Ask HN: Where to start? - FameofLight

This might be the question for lot of beginner who want to start with their own Startups.<p>I am recent graduate from India , I currently working for big company. I would like to make a name for myself. My current knowledge is scattered in very different areas.<p>I started few good projects , they are still doing OK. But every now and than , when I see hackernews I see lots of these projects and I am nothing.<p>Can anybody guide where should I begin with in developing my own startup.
======
jackkinsella
I graduated from university a year and a half ago and started my own web
business. The company now makes enough money to support myself entirely.

The business was borne out of desperation.
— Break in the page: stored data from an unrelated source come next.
-- ===== src/Objects/Release.antt =====
-- core/variable.c: what `lai_var_finalize` does to the reference counts.
use lai.Base.{
  ℕ, zero, suc, ◌+◌, ◌-◌, ◌≤◌, ◌<◌, ◌≡◌, ◌≢◌, inl, inr, refl, sym, ap, ◌∙◌, ◌==◌, lt→ltb, ==_self,
  ==_ne, Option, none, some, List, length, set, length-set, ok, arith,
}
use lai.Objects.{Var, Cell, Heap, cell_at, pointer, deref, rc_unref}
use lai.Objects.Counts.{
  refers, refers_option, occurrences, elems_of, counted_refs, sign, cell_alive, cell_rc, rc_at,
  heap_refs, alive, Counted, cell_at-set_ne, heap_refs-set, alive-set, rc_at-set,
}

-- What may have happened to the heap when one reference has been given up: cells whose count has
-- come to 0 are freed, and those that had the count 0 before are as they were.
pub record After (h h' : Heap) (outside : ℕ → ℕ) : Type 0 where
  pub counted : Counted h' outside
  pub fewer : alive h' ≤ alive h
  pub size : length h' ≡ length h
  pub still : (q : ℕ) → rc_at h q ≡ 0 → cell_at h' q ≡ cell_at h q
  pub freed : (q : ℕ) → 0 < rc_at h q → rc_at h' q ≡ 0 → cell_at h' q ≡ none

pub refers_self : (o : Option ℕ) (p q : ℕ) → o ≡ some p → q ≡ p → refers_option o q ≡ 1
refers_self o p q e same = rw (e, same, ==_self p) refl

pub refers_other : (o : Option ℕ) (p q : ℕ) → o ≡ some p → q ≢ p → refers_option o q ≡ 0
refers_other o p q e ne = rw (e, ==_ne p q (λ s. ne (sym s))) refl

pub counted_refs_pos :
    (q n : ℕ) (elems : List Var) → 0 < n → counted_refs q n elems ≡ occurrences q elems
counted_refs_pos q zero elems lt = absurd (omega (arith, lt))
counted_refs_pos q (suc n) elems lt = refl

sign_pos : (n : ℕ) → 0 < n → sign n ≡ 1
sign_pos zero lt = absurd (omega (arith, lt))
sign_pos (suc n) lt = refl

pub deref_lem : (h : Heap) (p : ℕ) (c : Cell) → cell_at h p ≡ some c → deref h p ≡ ok c
unfolding deref
deref_lem h p c e = rw (deref, e) refl

-- A cell with one reference less.
abbrev pub dropped : Cell → Cell
dropped c = record c { rc = c.rc - 1 }

pub rc_unref_lem :
    (h : Heap) (p : ℕ) (c : Cell)
    → cell_at h p ≡ some c
    → 0 < c.rc
    → rc_unref h p ≡ ok (c.rc - 1 == 0, set h p (some (dropped c)))
unfolding rc_unref
rc_unref_lem h p c e lt = rw (rc_unref, deref, e, lt→ltb 0 c.rc lt) refl

module _ (h : Heap) (v : Var) (p : ℕ) (outside : ℕ → ℕ) (points : pointer v ≡ some p)
    (counted : Counted h (λ q. outside q + refers v q)) (c : Cell) (here : cell_at h p ≡ some c)
    (some_refs : 0 < c.rc) where
  abbrev pub after : Heap
  after = set h p (some (dropped c))

  -- The counts when the elements of the cell are still counted, or are `extra`.
  after-Counted :
      (extra : ℕ → ℕ)
      → ((q : ℕ) → heap_refs after q + extra q ≡ heap_refs h q)
      → Counted after (λ q. outside q + extra q)
  after-Counted extra rest q = elim (rc_at-set h p c here (some (dropped c)) q) [
    | inl (e, new, old) ↦
        omega (arith, new, old, counted q, refers_self (pointer v) p q points e, rest q, some_refs)
    | inr (ne, same) ↦
        omega (arith, same, counted q, refers_other (pointer v) p q points ne, rest q)
  ]

  pub unref_kept : 0 < c.rc - 1 → After h after outside
  unref_kept more = record {
    counted = λ q. after-Counted (λ _. 0) (λ r. omega (arith, same_refs r)) q ∙ omega arith;
    fewer = omega (
      arith,
      alive-set h p c here (some (dropped c)),
      sign_pos c.rc some_refs,
      sign_pos (c.rc - 1) more,
    );
    size = length-set h p (some (dropped c));
    still = λ q z. cell_at-set_ne h p c here (some (dropped c)) q (λ e. not_zero q e z);
    freed = λ q lt z. absurd (stays q lt z);
  }
    where
      same_refs : (q : ℕ) → heap_refs after q ≡ heap_refs h q
      same_refs q = omega (
        arith,
        heap_refs-set h p c here (some (dropped c)) q,
        counted_refs_pos q c.rc (elems_of c.head) some_refs,
        counted_refs_pos q (c.rc - 1) (elems_of c.head) more,
      )

      not_zero : (q : ℕ) → q ≡ p → ¬ (rc_at h q ≡ 0)
      not_zero q e z = omega (arith, z, ap (λ (t : ℕ). rc_at h t) e ∙ ap cell_rc here, some_refs)

      stays : (q : ℕ) → 0 < rc_at h q → ¬ (rc_at after q ≡ 0)
      stays q lt z = elim (rc_at-set h p c here (some (dropped c)) q) [
        | inl (e, new, old) ↦ omega (arith, new, z, more)
        | inr (ne, same) ↦ omega (arith, same, z, lt)
      ]

  -- The last reference: the elements of the cell are counted no more.
  pub unref_last :
      c.rc - 1 ≡ 0
      → Counted after (λ q. outside q + occurrences q (elems_of c.head)) × (alive after < alive h)
  unref_last none_left =
      let now_dead : cell_alive (some (dropped c)) ≡ 0 = ap sign none_left in
      (
        after-Counted (λ q. occurrences q (elems_of c.head))
            (λ q. omega (
              arith,
              heap_refs-set h p c here (some (dropped c)) q,
              counted_refs_pos q c.rc (elems_of c.head) some_refs,
              ap (λ (n : ℕ). counted_refs q n (elems_of c.head)) none_left,
            )),
        omega (arith, alive-set h p c here (some (dropped c)), sign_pos c.rc some_refs, now_dead),
      )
I needed to make money quickly so I
spent a weekend thinking about: 1) What other people were doing online that
made money; 2) Where my unique set of skills and experiences would give me a
competitive advantage; 3) Whether I could build the business and start making
sales without the need for cash upfront (I had none);

I settled on selling law revision notes to those studying UK law
(www.oxbridgenotes.co.uk). Having studied UK law I could easily spot high
quality revision notes. I knew my market. I knew what law students wanted and
what their concerns were. I knew exactly what terms they type in Google when
faced with a difficult essay. These were my competitive advantages.

The "make money" aspect is very important. Too many startups I see around me
(I'm in Ireland) come up with a "great idea" which ultimately never makes a
penny. Don't be one of those people. Ask yourself "what can I do that could
__make__ __money__ within two months" and you will be off to a good start.
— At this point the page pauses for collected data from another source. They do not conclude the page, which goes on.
-- ===== src/Objects/Freed.antt =====
-- core/variable.c: `laihost_free_package` and the recursion of `lai_var_finalize`.
use lai.Base.{
  ℕ, zero, suc, ◌+◌, ◌≤◌, ◌<◌, ◌≡◌, ◌≢◌, inl, inr, refl, sym, ap, ◌∙◌, none, some, List, [], ◌∷◌,
  length, get_or, set, length-set, drop, read-eq-ok, Run, ok, arith,
}
use native.Mathlib.Decide.{ℕ_discrete}
use lai.Objects.{
  Var, empty_var, pkg_head, Cell, Heap, cell_at, deref, elem_at, clear_elem, free_elems,
}
use lai.Objects.Sums.{total}
use lai.Objects.Counts.{
  refers, occurrences, cell_rc, rc_at, heap_refs, alive, Counted, cell_at-set_self, cell_at-set_ne,
  heap_refs-set, alive-set, rc_at-set,
}
use lai.Objects.Release.{After}

-- The cell of a package that is being freed.
abbrev pub pending : List Var → Cell
pending elems = record { rc = 0; head = pkg_head elems }

-- What may have happened to the heap when the elements of the package at `p` have been finalized.
pub record Emptied (h h' : Heap) (p : ℕ) (outside : ℕ → ℕ) : Type 0 where
  pub counted : Counted h' outside
  pub fewer : alive h' ≤ alive h
  pub size : length h' ≡ length h
  pub still : (q : ℕ) → q ≢ p → rc_at h q ≡ 0 → cell_at h' q ≡ cell_at h q
  pub freed : (q : ℕ) → 0 < rc_at h q → rc_at h' q ≡ 0 → cell_at h' q ≡ none
  pub left_over : (elems : List Var) × (cell_at h' p ≡ some (pending elems))

elem_at_lem :
    (h : Heap) (p i : ℕ) (elems : List Var)
    → cell_at h p ≡ some (pending elems)
    → i < length elems
    → elem_at h p i ≡ ok (get_or elems i empty_var)
unfolding elem_at
elem_at_lem h p i elems here lt = rw (elem_at, deref, here) (read-eq-ok elems i empty_var lt)

clear_elem_lem :
    (h : Heap) (p i : ℕ) (elems : List Var)
    → cell_at h p ≡ some (pending elems)
    → clear_elem h p i ≡ ok (set h p (some (pending (set elems i empty_var))))
unfolding clear_elem
clear_elem_lem h p i elems here = rw (clear_elem, deref, here) refl

drop-set : (i : ℕ) (elems : List Var) (v : Var) → drop (i + 1) (set elems i v) ≡ drop (i + 1) elems
drop-set i [] v = refl
drop-set zero (x ∷ xs) v = refl
drop-set (suc i) (x ∷ xs) v =
    let next : suc i + 1 ≡ suc (i + 1) = omega arith in rw next (drop-set i xs v)

occurrences-drop :
    (q i : ℕ) (elems : List Var)
    → i < length elems
    → occurrences q (drop i elems)
      ≡ refers (get_or elems i empty_var) q + occurrences q (drop (i + 1) elems)
unfolding total
occurrences-drop q i [] lt = absurd (omega (arith, lt))
occurrences-drop q zero (x ∷ xs) lt = refl
occurrences-drop q (suc i) (x ∷ xs) lt =
    let next : suc i + 1 ≡ suc (i + 1) = omega arith in
    rw next (occurrences-drop q i xs (omega (arith, lt)))

occurrences_past :
    (q i : ℕ) (elems : List Var) → i ≡ length elems → occurrences q (drop i elems) ≡ 0
unfolding total
occurrences_past q i [] e = rw e refl
occurrences_past q zero (x ∷ xs) e = absurd (omega (arith, e))
occurrences_past q (suc i) (x ∷ xs) e = occurrences_past q i xs (omega (arith, e))

-- A write to the cell of a package that is being freed changes no count.
module _ (h : Heap) (p : ℕ) (elems : List Var) (here : cell_at h p ≡ some (pending elems))
    (elems' : List Var) where
  abbrev rewritten : Heap
  rewritten = set h p (some (pending elems'))

  rewritten_rc : (q : ℕ) → rc_at rewritten q ≡ rc_at h q
  rewritten_rc q = elim (rc_at-set h p (pending elems) here (some (pending elems')) q) [
    | inl (e, new, old) ↦ new ∙ sym old
    | inr (ne, same) ↦ same
  ]

  rewritten_refs : (q : ℕ) → heap_refs rewritten q ≡ heap_refs h q
  rewritten_refs q = omega (arith, heap_refs-set h p (pending elems) here (some (pending elems')) q)

  rewritten-alive : alive rewritten ≡ alive h
  rewritten-alive = omega (arith, alive-set h p (pending elems) here (some (pending elems')))

  rewritten_here : cell_at rewritten p ≡ some (pending elems')
  rewritten_here = cell_at-set_self h p (pending elems) here (some (pending elems'))

  rewritten_other : (q : ℕ) → q ≢ p → cell_at rewritten q ≡ cell_at h q
  rewritten_other = cell_at-set_ne h p (pending elems) here (some (pending elems'))

-- `lai_var_finalize` with so much fuel.
abbrev pub Finalizes : ℕ → (Heap → Var → Run Heap) → Type 0
Finalizes fuel finalize =
    (h : Heap) (v : Var) (outside : ℕ → ℕ)
    → Counted h (λ q. outside q + refers v q)
    → alive h < fuel
    → (h' : Heap) × (finalize h v ≡ ok h') × After h h' outside

module _ (fuel : ℕ) (finalize : Heap → Var → Run Heap) (finalizes : Finalizes fuel finalize) where
  -- One element has been finalized and cleared.
  Emptied-step :
      (h h1 : Heap) (p i : ℕ) (elems : List Var) (rest outside : ℕ → ℕ) (h3 : Heap)
      → (here : cell_at h1 p ≡ some (pending elems)) → rc_at h p ≡ 0
      → After h h1 rest
      → Emptied (rewritten h1 p elems here (set elems i empty_var)) h3 p outside
      → Emptied h h3 p outside
  Emptied-step h h1 p i elems rest outside h3 here zero_ a e = record {
    counted = e.counted;
    fewer = omega (arith, e.fewer, rewritten-alive h1 p elems here elems', a.fewer);
    size = e.size ∙ length-set h1 p (some (pending elems')) ∙ a.size;
    still = λ q ne z.
        e.still q ne (same q ∙ ap cell_rc (a.still q z) ∙ z)
        ∙ rewritten_other h1 p elems here elems' q ne
        ∙ a.still q z;
    freed = λ q lt z. elim (ℕ_discrete (rc_at h1 q) 0) [
      | yes gone ↦
          e.still q (λ at. omega (arith, lt, ap (λ (t : ℕ). rc_at h t) at, zero_)) (same q ∙ gone)
          ∙ rewritten_other h1 p elems here elems' q
              (λ at. omega (arith, lt, ap (λ (t : ℕ). rc_at h t) at, zero_))
          ∙ a.freed q lt gone
      | no more ↦ e.freed q (omega (arith, same q, more)) z
    ];
    left_over = e.left_over;
  }
    where
      elems' : List Var
      elems' = set elems i empty_var

      same : (q : ℕ) → rc_at (rewritten h1 p elems here elems') q ≡ rc_at h1 q
      same = rewritten_rc h1 p elems here elems'

  free_elems_more :
      (left i : ℕ) (h : Heap) (p : ℕ) (h1 : Heap) (v : Var) (elems : List Var)
      → elem_at h p i ≡ ok v
      → finalize h v ≡ ok h1
      → cell_at h1 p ≡ some (pending elems)
      → free_elems finalize h p (suc left) i
        ≡ free_elems finalize (set h1 p (some (pending (set elems i empty_var)))) p left (i + 1)
  unfolding free_elems
  free_elems_more left i h p h1 v elems at run here =
      rw (free_elems, at, run, clear_elem_lem h1 p i elems here) refl

  pub free_elems_lem :
      (left i : ℕ) (h : Heap) (p : ℕ) (elems : List Var) (outside : ℕ → ℕ)
      → left + i ≡ length elems
      → cell_at h p ≡ some (pending elems)
      → Counted h (λ q. outside q + occurrences q (drop i elems))
      → alive h < fuel
      → (h' : Heap) × (free_elems finalize h p left i ≡ ok h') × Emptied h h' p outside
  unfolding free_elems
  free_elems_lem zero i h p elems outside e here counted lt = (
    h,
    refl,
    record {
      counted = λ q. omega (arith, counted q, occurrences_past q i elems (omega (arith, e)));
      fewer = omega arith;
      size = refl;
      still = λ q ne z. refl;
      freed = λ q some_ z. absurd (omega (arith, some_, z));
      left_over = (elems, here);
    },
  )
  free_elems_lem (suc left) i h p elems outside e here counted lt =
      let v = get_or elems i empty_var in
      let elems' = set elems i empty_var in
      let rest : ℕ → ℕ = λ q. outside q + occurrences q (drop (i + 1) elems) in
      let inside : i < length elems = omega (arith, e) in
      let before : Counted h (λ q. rest q + refers v q) =
        λ q. counted q ∙ omega (arith, occurrences-drop q i elems inside) in
      let (h1, run, a) = finalizes h v rest before lt in
      let here1 : cell_at h1 p ≡ some (pending elems) = a.still p (ap cell_rc here) ∙ here in
      let h2 = rewritten h1 p elems here1 elems' in
      let counted2 : Counted h2 (λ q. outside q + occurrences q (drop (i + 1) elems')) = λ q.
        rewritten_rc h1 p elems here1 elems' q
        ∙ a.counted q
        ∙ omega (
          arith,
          rewritten_refs h1 p elems here1 elems' q,
          ap (occurrences q) (drop-set i elems empty_var),
        ) in
      let (h3, run3, emptied) =
        free_elems_lem left (i + 1) h2 p elems' outside
          (omega (arith, e, length-set elems i empty_var)) (rewritten_here h1 p elems here1 elems')
          counted2 (omega (arith, rewritten-alive h1 p elems here1 elems', a.fewer, lt)) in
      (
        h3,
        free_elems_more left i h p h1 v elems (elem_at_lem h p i elems here inside) run here1
            ∙ run3,
        Emptied-step h h1 p i elems rest outside h3 here1 (ap cell_rc here) a emptied,
      )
You said you've started a few good projects. I suggest that once you find a
project that makes money (assuming you haven't already) you should drop the
other projects and focus all your energies. You can always return to the other
projects once you're rich.

\-- Jack Kinsella

------
revorad
Connect with other hackers and startups in India. See
<http://hackerstreet.in/>

Make something, however simple, even just a webpage talking about yourself and
your interests and put it up online. Put your contact details and skills in
your HN profile.

------
dglassan
Do you have programming skills? If you do, just start building small things
like your own CMS or a simple social news site. This will help get the
creative juices flowing and pretty soon you'll be thinking of other cool
things to add to these small projects.

I can't find the quote at the moment but I saw one along the lines of: Ansel
Adams took maybe 100 photographs for every 1 that turned out decent.

Basically.....build a lot of small apps/programs/websites and eventually
you'll come across one that you can't stop thinking about it's potential (a
good indicator is how many sleepless nights you have because you can't stop
brainstorming about an idea).

------
riskish
Maybe start looking for specific problems that need solutions and start
building them.